··· DATA TO EXAMINE

-- ===== src/Eviction.antt =====
-- src/mlcache/cache/eviction.py: the bookkeeping of the eviction policies. The wall clock's
-- readings, `datetime.now(UTC)`, are arguments.
pub mod Order
pub mod Invariant
pub mod Victim
pub mod History
use mlcache.Prelude.{
  ℕ, ◌+◌, ◌≡◌, Bool, true, false, ◌||◌, ◌&&◌, Option, none, some, List, [], ◌∷◌, ltb, ◌==◌, length,
  str_dec, if◌then◌else◌, is_some,
}
use mlcache.Dict
use mlcache.Dict.{Dict, get, assign, pop, values}
use mlcache.Types.{CacheKey}

pub data EvictionPolicyName : Type 0 where
  lru lfu fifo : EvictionPolicyName

abbrev pub Datetime : Type 0
Datetime = ℕ

pub record EvictionEntryMetadata : Type 0 where
  pub cache_key : CacheKey
  pub insertion_order : ℕ
  pub created_at : Datetime
  pub last_accessed : Datetime
  pub access_count : ℕ
  pub last_access_tick : ℕ

pub record CacheEvictionPolicy : Type 0 where
  pub name : EvictionPolicyName
  pub entries : Dict CacheKey EvictionEntryMetadata
  pub insertion_counter : ℕ
  pub clock : ℕ

abbrev pub init : EvictionPolicyName → CacheEvictionPolicy
init name = record { name = name; entries = []; insertion_counter = 0; clock = 0 }

-- The metadata of a fresh entry, under the counters as they stand after the increments.
abbrev pub fresh : CacheEvictionPolicy → CacheKey → Datetime → EvictionEntryMetadata
fresh p key now = record {
  cache_key = key;
  insertion_order = p.insertion_counter + 1;
  created_at = now;
  last_accessed = now;
  access_count = 1;
  last_access_tick = p.clock + 1;
}

unfoldable pub record_insert : CacheEvictionPolicy → CacheKey → Datetime → CacheEvictionPolicy
record_insert p key now = record p {
  entries = assign str_dec key (fresh p key now) p.entries;
  insertion_counter = p.insertion_counter + 1;
  clock = p.clock + 1;
}

abbrev pub touched : CacheEvictionPolicy → EvictionEntryMetadata → Datetime → EvictionEntryMetadata
touched p m now = record m {
  access_count = m.access_count + 1;
  last_accessed = now;
  last_access_tick = p.clock + 1;
}

unfoldable pub record_hit : CacheEvictionPolicy → CacheKey → Datetime → CacheEvictionPolicy
record_hit p key now = elim (get str_dec key p.entries) [
  | none ↦ p
  | some m ↦ record p {
    entries = assign str_dec key (touched p m now) p.entries;
    clock = p.clock + 1;
  }
]

unfoldable pub record_removal : CacheEvictionPolicy → CacheKey → CacheEvictionPolicy
record_removal p key = record p { entries = pop str_dec key p.entries }

-- Python compares tuples of integers in lexicographic order.
unfoldable pub lex_lt : List ℕ → List ℕ → Bool
lex_lt [] [] = false
lex_lt [] (b ∷ bs) = true
lex_lt (a ∷ as') [] = false
lex_lt (a ∷ as') (b ∷ bs) = let rest = lex_lt as' bs in ltb a b || (a == b && rest)

abbrev pub eviction_sort_key : EvictionPolicyName → EvictionEntryMetadata → List ℕ
eviction_sort_key EvictionPolicyName.fifo m = m.insertion_order ∷ []
eviction_sort_key EvictionPolicyName.lru m = m.last_access_tick ∷ m.insertion_order ∷ []
eviction_sort_key EvictionPolicyName.lfu m =
    m.access_count ∷ m.last_access_tick ∷ m.insertion_order ∷ []

-- `min(..., key=...)`: the first of the least.
unfoldable pub min_by {ℓ} : {A : Type ℓ} → (A → List ℕ) → A → List A → A
min_by key best [] = best
min_by key best (x ∷ xs) = min_by key (if lex_lt (key x) (key best) then x else best) xs

unfoldable pub select_from : EvictionPolicyName → List EvictionEntryMetadata → Option CacheKey
select_from name [] = none
select_from name (m ∷ ms) = some (min_by (eviction_sort_key name) m ms).cache_key

unfoldable pub select_victim : CacheEvictionPolicy → Option CacheKey
unfolding select_from
select_victim p = select_from p.name (values p.entries)

abbrev pub len : CacheEvictionPolicy → ℕ
len p = length p.entries

abbrev pub contains : CacheEvictionPolicy → CacheKey → Bool
contains p key = is_some (get str_dec key p.entries)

······

# WHAT TO DO:
Every line in the data that holds "fresh" should be copied out.

# RESPONSE TO THE EXERCISE:
-- The metadata of a fresh entry, under the counters as they stand after the increments.
abbrev pub fresh : CacheEvictionPolicy → CacheKey → Datetime → EvictionEntryMetadata
fresh p key now = record {
  entries = assign str_dec key (fresh p key now) p.entries;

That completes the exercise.